The part on those who buy without already having a machine is vague when looking through that at MS. You can read that on the restrictions page. When first hearing that one I was scratching my head on that and made the inquiry to a programmer that should know first hand.


----------



## StrangleHold (Jun 2, 2008)

I repeat post 16. In that case Bill Gates came to my house yesterday and said you were full of it. (Like I said show me some proof), not another 2 paragraphs of your B/S.


----------



## porterjw (Jun 2, 2008)

PC is absolutely correct, seeing what you will as seen here: http://www.istockphoto.com/file_thumbview_approve/181405/2/istockphoto_181405_paris_gate.jpg

and also see seeing seen will see here: http://www-lci.enst-bretagne.fr/english/images/Baseball.jpg

The screenshots don't lie...have a little faith


----------



## PC eye (Jun 2, 2008)

You can stick post #16 in your craw! All I can is convey what I was hearing from other source when making an inquiry. Obviously you again failed to read the entire post and simply want to shoot off your mouth.

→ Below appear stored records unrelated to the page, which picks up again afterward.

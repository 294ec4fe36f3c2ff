-- ===== src/Decide/Quiet.antt =====
-- Stages of `decideCycle` that ask for no quote, and steps that keep that.
use new_bnbhack.Common.{
  ℕ, ◌≡◌, refl, Bool, true, false, Option, none, some, arith, Result, Error, ok, err,
}
use new_bnbhack.Common.Text.{Text}
use new_bnbhack.Session.{next_regular_open, search_days}
use new_bnbhack.Platform.{Platform}
use new_bnbhack.Decide.{
  CycleInput, Answer, quote, Flow, throws, answers, goes_on, ◌>>=◌, lift, answer_if, throw_if,
  due_stage, guardian_stage, settled_open, wait_for_open_if, window_stage,
}

-- an answer that asks for no quote
abbrev pub asks : Answer → Bool
asks (quote id s) = true
asks _ = false

-- A stage that asks for no quote.
abbrev pub IsQuiet {ℓ} : {A : Type ℓ} → Flow A → Type 0
IsQuiet (answers a) = asks a ≡ false
IsQuiet (throws e) = Unit
IsQuiet (goes_on x) = Unit

module _ {ℓ κ μ} {A : Type ℓ} {B : Type κ} {C : Type μ} where
  -- an answer comes from a step or from what follows it
  pub bind_answers :
      (m : Flow A) (f : A → Flow B) (a : Answer)
      → (m >>= f) ≡ answers a
      → (m ≡ answers a → C)
      → ((x : A) → m ≡ goes_on x → f x ≡ answers a → C)
      → C
  bind_answers (goes_on x) f a h k l = l x refl h
  bind_answers (answers b) f a h k l = k (ground arith)
  bind_answers (throws e) f a h k l = absurd (cc)

  -- a quiet step does not ask, so a question comes from what follows
  pub quiet_asks :
      (m : Flow A) (f : A → Flow B) (id s : Text)
      → IsQuiet m
      → (m >>= f) ≡ answers (quote id s)
      → ((x : A) → m ≡ goes_on x → f x ≡ answers (quote id s) → C)
      → C
  quiet_asks (goes_on x) f id s q h l = l x refl h
  quiet_asks (answers b) f id s q h l = absurd (ground arith)
  quiet_asks (throws e) f id s q h l = absurd (cc)

module _ {ℓ κ} {A : Type ℓ} {B : Type κ} where
  pub IsQuiet-bind :
      (m : Flow A) (f : A → Flow B) → IsQuiet m → ((x : A) → IsQuiet (f x)) → IsQuiet (m >>= f)
  IsQuiet-bind (goes_on x) f q k = k x
  IsQuiet-bind (answers a) f q k = q
  IsQuiet-bind (throws e) f q k = tt

pub IsQuiet-lift {ℓ} : {A : Type ℓ} (r : Result A) → IsQuiet (lift r)
IsQuiet-lift (ok a) = tt
IsQuiet-lift (err e) = tt

pub IsQuiet-answer_if : (test : Bool) (a : Answer) → asks a ≡ false → IsQuiet (answer_if test a)
IsQuiet-answer_if true a h = h
IsQuiet-answer_if false a h = tt

pub IsQuiet-throw_if : (test : Bool) (e : Error) → IsQuiet (throw_if test e)
IsQuiet-throw_if true e = tt
IsQuiet-throw_if false e = tt

pub settled_open-IsQuiet : (now : ℕ) → IsQuiet (settled_open now)
unfolding settled_open
settled_open-IsQuiet now =
    IsQuiet-bind (lift (next_regular_open now search_days)) _
      (IsQuiet-lift (next_regular_open now search_days)) λ _. tt

pub wait_for_open_if-IsQuiet :
    (test : Bool) (now : ℕ) (detail : Option Text) → IsQuiet (wait_for_open_if test now detail)
unfolding wait_for_open_if
wait_for_open_if-IsQuiet true now detail =
    IsQuiet-bind (settled_open now) _ (settled_open-IsQuiet now) λ _. refl
wait_for_open_if-IsQuiet false now detail = tt

pub due_stage-IsQuiet :
    {F : Type 0} (p : Platform F) (input : CycleInput) → IsQuiet (due_stage p input)
unfolding due_stage
due_stage-IsQuiet p input = ground arith

pub guardian_stage-IsQuiet : (block : Option Text) → IsQuiet (guardian_stage block)
unfolding guardian_stage
guardian_stage-IsQuiet none = tt
guardian_stage-IsQuiet (some rule) = refl

pub window_stage-IsQuiet : (input : CycleInput) → IsQuiet (window_stage input)
unfolding window_stage
window_stage-IsQuiet input =
    IsQuiet-bind (wait_for_open_if _ input.now none) _ (wait_for_open_if-IsQuiet _ input.now none)
      λ _. tt
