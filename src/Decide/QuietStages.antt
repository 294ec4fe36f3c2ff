-- ===== src/Decide/QuietStages.antt =====
-- BUDGET, ASSET and PRICE of `decideCycle` ask for no quote.
use new_bnbhack.Common.{
  ℕ, ◌+◌, ◌/◌, refl, ◌==◌, no_principal, Bool, true, false, ltb, leb, if◌then◌else◌, List, [], ◌∷◌,
  Option, none, some, arith, Option-cases, inl, inr,
}
use new_bnbhack.Common.Text.{Text, codes}
use new_bnbhack.Amounts.{to_units}
use new_bnbhack.Domain.{Plan, PlanMode, safe, yield}
use new_bnbhack.Platform.{Platform}
use new_bnbhack.Decide.Quiet.{
  IsQuiet, IsQuiet-bind, IsQuiet-lift, IsQuiet-answer_if, IsQuiet-throw_if,
  wait_for_open_if-IsQuiet,
}
use new_bnbhack.Decide.{
  CycleInput, InstrumentMarket, Position, Flow, goes_on, ◌>>=◌, units, answer_if, throw_if, Budget,
  interest_of, limit_stage, spend_stage, daily_cap_stop, daily_cap_if, wait_for_open_if,
  budget_stage, Search, Look, chosen, rejected, nothing_found, halted, below_venue, look_at,
  after_look, choose, cap_limit, venue_minimum_stop, nothing_chosen, asset_stage, price_stage,
}

IsQuiet-units {κ} :
    {B : Type κ} (t : Text) (f : ℕ → Flow B) → ((n : ℕ) → IsQuiet (f n)) → IsQuiet (units t >>= f)
IsQuiet-units t f k = IsQuiet-bind (units t) f (IsQuiet-lift (to_units t 18)) k

limit_stage-IsQuiet : (input : CycleInput) → IsQuiet (limit_stage input)
unfolding limit_stage
limit_stage-IsQuiet input = IsQuiet-units input.caps.min_buy_usd _ λ min_buy.
    IsQuiet-units input.plan.limits.max_per_buy_usd _
      λ own_limit. IsQuiet-units input.caps.max_per_tx_usd _ λ cap. ground arith

interest_of-IsQuiet :
    (plan : Plan) (mode : PlanMode) (position : Option Position)
    → IsQuiet (interest_of plan mode position)
unfolding interest_of
interest_of-IsQuiet plan safe position = tt
interest_of-IsQuiet plan yield none = tt
interest_of-IsQuiet plan yield (some position) = IsQuiet-units plan.principal_usd _ λ principal.
    IsQuiet-bind (throw_if (principal == 0) (no_principal plan.id)) _
      (IsQuiet-throw_if (principal == 0) (no_principal plan.id))
      λ _.
        IsQuiet-units position.underlying_usd _
          λ underlying. IsQuiet-units position.harvested_unspent_usd _ λ harvested. tt

daily_cap_stop-IsQuiet {ℓ} :
    (A : Type ℓ) (input : CycleInput) (detail : Option Text)
    → IsQuiet (daily_cap_stop {A = A} input detail)
unfolding daily_cap_stop
daily_cap_stop-IsQuiet A input detail = IsQuiet-units input.daily_limit_usd _ λ n. refl

daily_cap_if-IsQuiet :
    (test : Bool) (input : CycleInput) (detail : Option Text)
    → IsQuiet (daily_cap_if test input detail)
unfolding daily_cap_if
daily_cap_if-IsQuiet true input detail = daily_cap_stop-IsQuiet Unit input detail
daily_cap_if-IsQuiet false input detail = tt

spend_stage-IsQuiet :
    (input : CycleInput) (min_buy per_buy_limit max_per_buy : ℕ)
    → IsQuiet (spend_stage input min_buy per_buy_limit max_per_buy)
unfolding spend_stage
spend_stage-IsQuiet input min_buy per_buy_limit max_per_buy =
    IsQuiet-bind (interest_of input.plan input.plan.mode input.position) _
      (interest_of-IsQuiet input.plan input.plan.mode input.position)
      λ interest. IsQuiet-units input.plan.contribution_usd _ λ contribution.
        IsQuiet-bind (answer_if (ltb (interest.0 + interest.1 + contribution) min_buy) _) _
          (IsQuiet-answer_if _ _ refl)
          λ _. IsQuiet-units input.daily_remaining_usd _ λ remaining.
            IsQuiet-bind (daily_cap_if (ltb remaining min_buy) input none) _
              (daily_cap_if-IsQuiet _ input none) λ _. tt

pub budget_stage-IsQuiet :
    (input : CycleInput) (regular : Bool) → IsQuiet (budget_stage input regular)
unfolding budget_stage
budget_stage-IsQuiet input regular =
    IsQuiet-bind (limit_stage input) _ (limit_stage-IsQuiet input) λ limits.
      let max_per_buy = if regular then limits.1 else limits.1 / 2 in
      IsQuiet-bind (wait_for_open_if (ltb max_per_buy limits.0) input.now _) _
        (wait_for_open_if-IsQuiet _ input.now _)
        λ _. spend_stage-IsQuiet input limits.0 limits.1 max_per_buy

below_venue-IsQuiet :
    (planned : ℕ) (m : InstrumentMarket) (s : Search) → IsQuiet (below_venue planned m s)
unfolding below_venue
below_venue-IsQuiet planned m s = ground arith

halted-IsQuiet : (ticker : Text) (m : InstrumentMarket) (s : Search) → IsQuiet (halted ticker m s)
unfolding halted
halted-IsQuiet ticker m s = ground arith

look_at-IsQuiet :
    (ticker : Text) (excluded : List (Text × Text)) (planned : ℕ) (m : InstrumentMarket)
    (s : Search)
    → IsQuiet (look_at ticker excluded planned m s)
unfolding look_at
look_at-IsQuiet ticker excluded planned m s =
    ground (arith, halted-IsQuiet ticker m s, below_venue-IsQuiet planned m s)

after_look-IsQuiet :
    (m : InstrumentMarket) (s : Search) (rest : Search → Flow (Option InstrumentMarket × Search))
    (look : Look)
    → ((s' : Search) → IsQuiet (rest s'))
    → IsQuiet (after_look m s rest look)
unfolding after_look
after_look-IsQuiet m s rest chosen h = tt
after_look-IsQuiet m s rest (rejected s') h = h s'

choose-IsQuiet :
    (ticker : Text) (excluded : List (Text × Text)) (planned : ℕ) (ms : List InstrumentMarket)
    (s : Search)
    → IsQuiet (choose ticker excluded planned ms s)
unfolding choose
choose-IsQuiet ticker excluded planned [] s = tt
choose-IsQuiet ticker excluded planned (m ∷ ms) s =
    IsQuiet-bind (look_at ticker excluded planned m s) _
      (look_at-IsQuiet ticker excluded planned m s)
      λ look.
        after_look-IsQuiet m s (choose ticker excluded planned ms) look
          (choose-IsQuiet ticker excluded planned ms)

cap_limit-IsQuiet : (input : CycleInput) (limit : ℕ) → IsQuiet (cap_limit input limit)
unfolding cap_limit
cap_limit-IsQuiet input limit = ground arith

venue_minimum_stop-IsQuiet :
    (input : CycleInput) (ticker : Text) (b : Budget) (v : ℕ)
    → IsQuiet (venue_minimum_stop input ticker b v)
unfolding venue_minimum_stop
venue_minimum_stop-IsQuiet input ticker b v =
    IsQuiet-bind (cap_limit input b.max_per_buy) _ (cap_limit-IsQuiet input b.max_per_buy)
      λ now_cap.
        IsQuiet-bind (cap_limit input b.per_buy_limit) _ (cap_limit-IsQuiet input b.per_buy_limit)
          λ full_cap. ground (
            arith,
            wait_for_open_if-IsQuiet (if ltb now_cap v then leb v full_cap else false) input.now
                (some (codes "half_limit_below_venue_min")),
            daily_cap_stop-IsQuiet InstrumentMarket input (some (codes "venue_minimum")),
          )

nothing_chosen-IsQuiet :
    (input : CycleInput) (ticker : Text) (b : Budget) (s : Search)
    → IsQuiet (nothing_chosen input ticker b s)
unfolding nothing_chosen
nothing_chosen-IsQuiet input ticker b s = elim (Option-cases s.venue_minimum) [
  | inl e ↦ ground arith
  | inr (v, e) ↦ ground (arith, venue_minimum_stop-IsQuiet input ticker b v)
]

pub asset_stage-IsQuiet :
    (input : CycleInput) (ticker : Text) (b : Budget) → IsQuiet (asset_stage input ticker b)
unfolding asset_stage
asset_stage-IsQuiet input ticker b =
    IsQuiet-bind (choose ticker _ b.planned_spend _ nothing_found) _
      (choose-IsQuiet ticker _ b.planned_spend _ nothing_found) λ (found, s). picked found s
  where
    picked :
        (found : Option InstrumentMarket) (s : Search)
        → IsQuiet (elim found [ some m ↦ goes_on m | none ↦ nothing_chosen input ticker b s ])
    picked none s = nothing_chosen-IsQuiet input ticker b s
    picked (some m) s = tt

pub price_stage-IsQuiet :
    {F : Type 0} (p : Platform F) (input : CycleInput) (regular : Bool) (m : InstrumentMarket)
    → IsQuiet (price_stage p input regular m)
unfolding price_stage
price_stage-IsQuiet p input regular m = ground arith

When asking "IF" there were MS pages that explained the revision seen in the EULA for OEM with the release of SP2 for XP. The main concern when reviewing MS information has more to do with activation and verification of you using a genuine copy and not if you see Windows installed on more then one system.

*Activation* is an anti-piracy technology designed to make sure that your copy of Windows XP is properly licensed. It works by verifying that the product key is valid and is only being used on the number of computers permitted by the software license. Activation uses a simple and fast process to protect your copy and ensure that you paid for the right thing. http://www.microsoft.com/genuine/ProgramInfo.aspx?displaylang=en&tab=XP

The only conclusion you can draw from what that source came out with and cross referencing information at Microsoft is that is a form of loop hole. Time to get an MSDN subscription. 

"MSDN Subscription product keys can be used to activate software on up to 10 PCs."   http://msdn.microsoft.com/en-us/subscriptions/aa948864.aspx


----------



## StrangleHold (Jun 2, 2008)

None of that proved anything you said. I like the way you claim people missed things or fail to read something when you try to back up some crap you claim with (no proof). I didnt miss anything, thats why the question is still out there. Show me some (proof)!


----------



## PC eye (Jun 2, 2008)

And again you're off base simply by stating I was trying to prove anything. As mentioned before all I can do is "convey"(understand the term) what I was hearing from someone beta testing for MS.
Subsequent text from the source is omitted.